Recent Major Mergers in the Global Coatings Sector: A Regulatory Snapshot
Parties Involved | Transaction Description | Regulatory Stance | Core Concern |
BASF vs. Carlyle | Majority stake sale of BASF Coatings | EU approved with conditions | Industrial coatings concentration |
AkzoNobel vs. Axalta | Full global merger | Under deep review in multiple jurisdictions | Monopoly risk in automotive refinish & protective coatings |
Henkel vs. Liquid Nails | Acquisition of construction adhesive brand | FTC filed lawsuit to block | Consumer price hikes & suppressed innovation |
The pattern is clear: The closer a market segment is to end consumers—and the more it impacts daily expenses—the lower regulators’ tolerance for consolidation. Henkel stepped right over that red line.
Business Logic vs. Market Logic: Who Gets to Define “Efficiency”?
Henkel and Pittsburgh Paints argue that the deal would bring supply chain integration, increased R&D investment, and better customer service. This is classic corporate-centric logic: Improve internal efficiency, and society benefits.
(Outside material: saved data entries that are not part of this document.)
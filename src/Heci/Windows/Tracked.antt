-- ===== src/Heci/Windows/Tracked.antt =====
-- What src/heci/windows.rs opens and closes on each path.
use amt_uefi_boot_app.Outcome.{
  Outcome, Error, amt_status, ok, and_then, http_status, err, timeout, panics, not_found, waits,
  device_error, buffer_too_small, unsupported, access_denied, protocol_error, aborted, ◌>>=◌,
}
use amt_uefi_boot_app.Prelude.{
  List, ℕ, Option, [], none, some, subst, Bool-cases, ◌∷◌, ◌+◌, arith, inl, inr, ◌≡◌, leb, ◌==◌,
  min, length, refl, replicate,
}
use amt_uefi_boot_app.Heci.Windows.{
  Api, Call, HeciContext, Io, Win, connect_client_by_uuid, copied, do_ioctl, done, event_closed,
  event_made, init, io_ended, io_left, list_destroyed, list_made, on_detail, on_event, on_file,
  on_interface, on_io, on_ioctl, on_list, open_device, pending, receive, refused, send, ctl_code,
  file_device_heci, timed, max, call,
}

-- After these calls: the event and the device list that are open, at most one of each, and the
-- number of calls that the system has not ended.
pub data Tracked : List Call → Option ℕ → Option ℕ → ℕ → Type 0 where
  nothing : Tracked [] none none 0
  made_list :
      {t : List Call} {n : ℕ} (d : ℕ)
      → Tracked t none none n
      → Tracked (list_made d ∷ t) none (some d) n
  destroyed_list :
      {t : List Call} {n d : ℕ}
      → Tracked t none (some d) n
      → Tracked (list_destroyed d ∷ t) none none n
  made_event :
      {t : List Call} {n : ℕ} (e : ℕ)
      → Tracked t none none n
      → Tracked (event_made e ∷ t) (some e) none n
  left_io :
      {t : List Call} {n e : ℕ}
      → Tracked t (some e) none n
      → Tracked (io_left e ∷ t) (some e) none (n + 1)
  ended_io :
      {t : List Call} {n e : ℕ}
      → Tracked t (some e) none (n + 1)
      → Tracked (io_ended e ∷ t) (some e) none n
  closed_event :
      {t : List Call} {n e : ℕ}
      → Tracked t (some e) none n
      → Tracked (event_closed e ∷ t) none none n

abbrev timeouts : Error → ℕ
timeouts timeout = 1
timeouts not_found = 0
timeouts device_error = 0
timeouts buffer_too_small = 0
timeouts unsupported = 0
timeouts access_denied = 0
timeouts protocol_error = 0
timeouts aborted = 0
timeouts (amt_status s) = 0
timeouts (http_status s) = 0

-- 1 for a call that times out.
abbrev pub left_by : {A : Type 0} → Outcome A → ℕ
left_by (ok a) = 0
left_by (err e) = timeouts e
left_by panics = 0
left_by waits = 0

module _ (W : Api) where
  -- No event and no list is open, and `n` calls are still to end.
  abbrev pub Clean : ℕ → HeciContext W → Type 0
  Clean n c = Tracked c.calls none none n

  Leaves : {A : Type 0} → ℕ → Outcome A × HeciContext W → Type 0
  Leaves n (o, c) = Tracked c.calls none none (n + left_by o)

  Leaves-and_then :
      {A B : Type 0} (n : ℕ) (k : A → Win W B) (r : Outcome A × HeciContext W)
      → Leaves n r
      → ((a : A) (c : HeciContext W) → Clean n c → Leaves n (k a c))
      → Leaves n (and_then r k)
  unfolding Leaves
  Leaves-and_then n k (ok a, c) h f = f a c (subst (Tracked c.calls none none) (omega arith) h)
  Leaves-and_then n k (err e, c) h f = h
  Leaves-and_then n k (panics, c) h f = h
  Leaves-and_then n k (waits, c) h f = h

  Clean-Leaves : {n : ℕ} (t : List Call) → Tracked t none none n → Tracked t none none (n + 0)
  Clean-Leaves t h = subst (Tracked t none none) (omega arith) h

  done-Leaves : {A : Type 0} (n : ℕ) (a : A) (c : HeciContext W) → Clean n c → Leaves n (ok a, c)
  unfolding Leaves
  done-Leaves n a c h = Clean-Leaves _ h

  failed-Leaves :
      (n : ℕ) (e : Error) (c : HeciContext W)
      → timeouts e ≡ 0
      → Clean n c
      → Leaves {A = Unit {0}} n (err e, c)
  unfolding Leaves
  failed-Leaves n e c z h = subst (Tracked c.calls none none) (omega (arith, z)) h

  on_io-Leaves :
      (handle : Option ℕ) (ms event n : ℕ) (io : Io) (c : HeciContext W)
      → Tracked c.calls (some event) none n
      → Leaves n (on_io W handle ms event io c)
  unfolding Leaves
  on_io-Leaves handle ms event n (done m out) c h = Clean-Leaves _ (closed_event h)
  on_io-Leaves handle ms event n refused c h = Clean-Leaves _ (closed_event h)
  on_io-Leaves handle ms event n pending c h =
      elim (Bool-cases (W.wait event (some ms) c.state).0) [
        | inl e ↦ rw e (Clean-Leaves _ (closed_event (ended_io (left_io h))))
        | inr e ↦ rw e (closed_event (left_io h))
      ]

  on_ioctl-Leaves :
      (handle : Option ℕ) (event n : ℕ) (io : Io) (c : HeciContext W)
      → Tracked c.calls (some event) none n
      → Leaves n (on_ioctl W handle event io c)
  unfolding Leaves
  on_ioctl-Leaves handle event n (done m out) c h = Clean-Leaves _ (closed_event h)
  on_ioctl-Leaves handle event n refused c h = Clean-Leaves _ (closed_event h)
  on_ioctl-Leaves handle event n pending c h = Clean-Leaves _ (closed_event (ended_io (left_io h)))

  on_event-Leaves :
      {A : Type 0} (n : ℕ) (k : ℕ → Win W A) (event : Option ℕ) (c : HeciContext W)
      → Clean n c
      → ((e : ℕ) (d : HeciContext W) → Tracked d.calls (some e) none n → Leaves n (k e d))
      → Leaves n (on_event W k event c)
  unfolding Leaves
  on_event-Leaves n k none c h f = Clean-Leaves _ h
  on_event-Leaves n k (some e) c h f = f e _ (made_event e h)

  timed-Leaves :
      (ms : ℕ) (start : Option ℕ → ℕ → W.State → Io × W.State) (n : ℕ) (c : HeciContext W)
      → Clean n c
      → Leaves n (timed W ms start c)
  unfolding timed
  timed-Leaves ms start n c h =
      on_event-Leaves n (λ event. call W (start c.handle event) >>= on_io W c.handle ms event)
        (W.create_event c.state).0 (call W W.create_event c).1 h
        (λ e d g.
          on_io-Leaves c.handle ms e n (start c.handle e d.state).0 (call W (start c.handle e) d).1
            g)

  send-Leaves : (bytes : List ℕ) (n : ℕ) (c : HeciContext W) → Clean n c → Leaves n (send W bytes c)
  unfolding send
  send-Leaves bytes n c h =
      Leaves-and_then n _ _ (timed-Leaves 5000 (λ handle. W.write_file handle bytes) n c h)
        (λ written d g. done-Leaves n tt d g)

  copied-Leaves :
      (buf tmp_buf : List ℕ) (m n : ℕ) (c : HeciContext W)
      → Clean n c
      → Leaves n (copied W buf (m, tmp_buf) c)
  unfolding Leaves
  copied-Leaves buf tmp_buf m n c h =
      elim (Bool-cases (leb (min m (length buf)) (length tmp_buf))) [
        | inl e ↦ rw e (Clean-Leaves _ h)
        | inr e ↦ rw e (Clean-Leaves _ h)
      ]

  receive-Leaves :
      (buf : List ℕ) (n : ℕ) (c : HeciContext W) → Clean n c → Leaves n (receive W buf c)
  unfolding receive
  receive-Leaves buf n c h =
      Leaves-and_then n _ _
        (timed-Leaves 10000 (λ handle. W.read_file handle (replicate (max c.max_msg_len 4096) 0)) n
          c h)
        (λ (m, tmp_buf) d g. copied-Leaves buf tmp_buf m n d g)

  do_ioctl-Leaves :
      (code : ℕ) (in_buf out_buf : List ℕ) (n : ℕ) (c : HeciContext W)
      → Clean n c
      → Leaves n (do_ioctl W code in_buf out_buf c)
  unfolding do_ioctl
  do_ioctl-Leaves code in_buf out_buf n c h =
      let start = W.device_io_control c.handle code in_buf out_buf in
      on_event-Leaves n (λ event. call W (start event) >>= on_ioctl W c.handle event)
        (W.create_event c.state).0 (call W W.create_event c).1 h
        (λ e d g. on_ioctl-Leaves c.handle e n (start e d.state).0 (call W (start e) d).1 g)

  connect-Leaves :
      (uuid : List ℕ) (n : ℕ) (c : HeciContext W)
      → Clean n c
      → Leaves n (connect_client_by_uuid W uuid c)
  unfolding connect_client_by_uuid
  connect-Leaves uuid n c h =
      Leaves-and_then n _ _
        (do_ioctl-Leaves (ctl_code file_device_heci 0x801 0 3) uuid (replicate 16 0) n c h)
        (λ r d g. done-Leaves n tt _ g)

  on_file-Leaves :
      (file : Option ℕ) (n : ℕ) (c : HeciContext W) → Clean n c → Leaves n (on_file W file c)
  unfolding Leaves
  on_file-Leaves none n c h = Clean-Leaves _ h
  on_file-Leaves (some handle) n c h = Clean-Leaves _ h

  on_detail-Leaves :
      (detail : Option (List ℕ)) (n : ℕ) (c : HeciContext W)
      → Clean n c
      → Leaves n (on_detail W detail c)
  on_detail-Leaves none n c h = failed-Leaves n device_error c refl h
  on_detail-Leaves (some path) n c h = on_file-Leaves _ n _ h

  on_interface-Leaves :
      (iface : Option (List ℕ)) (dev_info n : ℕ) (c : HeciContext W)
      → Tracked c.calls none (some dev_info) n
      → Leaves n (on_interface W dev_info iface c)
  on_interface-Leaves none dev_info n c h = failed-Leaves n not_found _ refl (destroyed_list h)
  on_interface-Leaves (some iface) dev_info n c h =
      elim (Bool-cases ((W.required_size dev_info iface c.state).0 == 0)) [
        | inl e ↦ rw e (failed-Leaves n device_error _ refl (destroyed_list h))
        | inr e ↦ rw e (on_detail-Leaves _ n _ (destroyed_list h))
      ]

  on_list-Leaves :
      (list : Option ℕ) (n : ℕ) (c : HeciContext W) → Clean n c → Leaves n (on_list W list c)
  on_list-Leaves none n c h = failed-Leaves n not_found c refl h
  on_list-Leaves (some dev_info) n c h = on_interface-Leaves _ dev_info n _ (made_list dev_info h)

  open_device-Leaves : (n : ℕ) (c : HeciContext W) → Clean n c → Leaves n (open_device W c)
  unfolding open_device
  open_device-Leaves n c h = on_list-Leaves _ n _ h

  -- With no event and no device list open and `n` overlapped calls not ended by the system, each of
  -- send, receive, the connection and init closes the event and the list that it opens, once and on
  -- every path, and ends its overlapped call, unless it gives Timeout: then the call is not ended.
  pub receive-Tracked :
      (bytes buf uuid : List ℕ) (n : ℕ) (c : HeciContext W)
      → Tracked c.calls none none n
      → let (r, d) = receive W buf c in
        let (s, e) = send W bytes c in
        let (p, f) = connect_client_by_uuid W uuid c in
        let (q, g) = init W c in
        Tracked d.calls none none (n + left_by r)
        × Tracked e.calls none none (n + left_by s)
        × Tracked f.calls none none (n + left_by p)
        × Tracked g.calls none none (n + left_by q)
  unfolding Leaves init
  receive-Tracked bytes buf uuid n c h = (
    receive-Leaves buf n c h,
    send-Leaves bytes n c h,
    connect-Leaves uuid n c h,
    open_device-Leaves n _ h,
  )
But the FTC is championing a market-centric logic that directly counters this: True efficiency is born from competition. Without rivals, “efficiency” becomes static, complacent, even extractive. History is full of cautionary tales—Microsoft’s browser bundling in the 1990s, Qualcomm’s patent licensing practices—all examples of what happens when companies prioritize empire-building over competition.
Even more insidious is the threat to innovation diversity. Loctite excels in industrial-grade instant adhesives; Liquid Nails dominates in weather-resistant, user-friendly formulations for home use. A merger would likely shift R&D resources toward high-margin industrial products, sacrificing iterative improvements for DIY users. The FTC calls this “invisible innovation suppression”—and it’s far more damaging than overt price hikes.
The Weight of One Tube: Toppling the Illusion of “Bigger Is Better”
Whether the Henkel-Liquid Nails deal collapses or survives in modified form, it’s already sent a clear message: Amid the global frenzy of industrial consolidation, regulators are recalibrating the scales. Companies can no longer assume that “bigger is better” is inherently justified, nor can they hide market dominance behind the rhetoric of “efficiency.”
For Henkel, this is a strategic setback. For the entire industry, it’s a necessary wake-up call. Real competitiveness isn’t bought by swallowing rivals—it’s forged in relentless rivalry. When a single tube of adhesive can trigger a national antitrust lawsuit, every corporate giant dreaming of “winning by acquisition” needs to understand: Markets may consolidate, but the spark of competition must never be extinguished.
After all, what matters to consumers isn’t who owns Liquid Nails. It’s whether, tomorrow at Home Depot, they’ll still have two or three trusted brands to choose from—and whether they can believe that each one is fighting to be better, cheaper, and more reliable. That’s the soul of a market economy.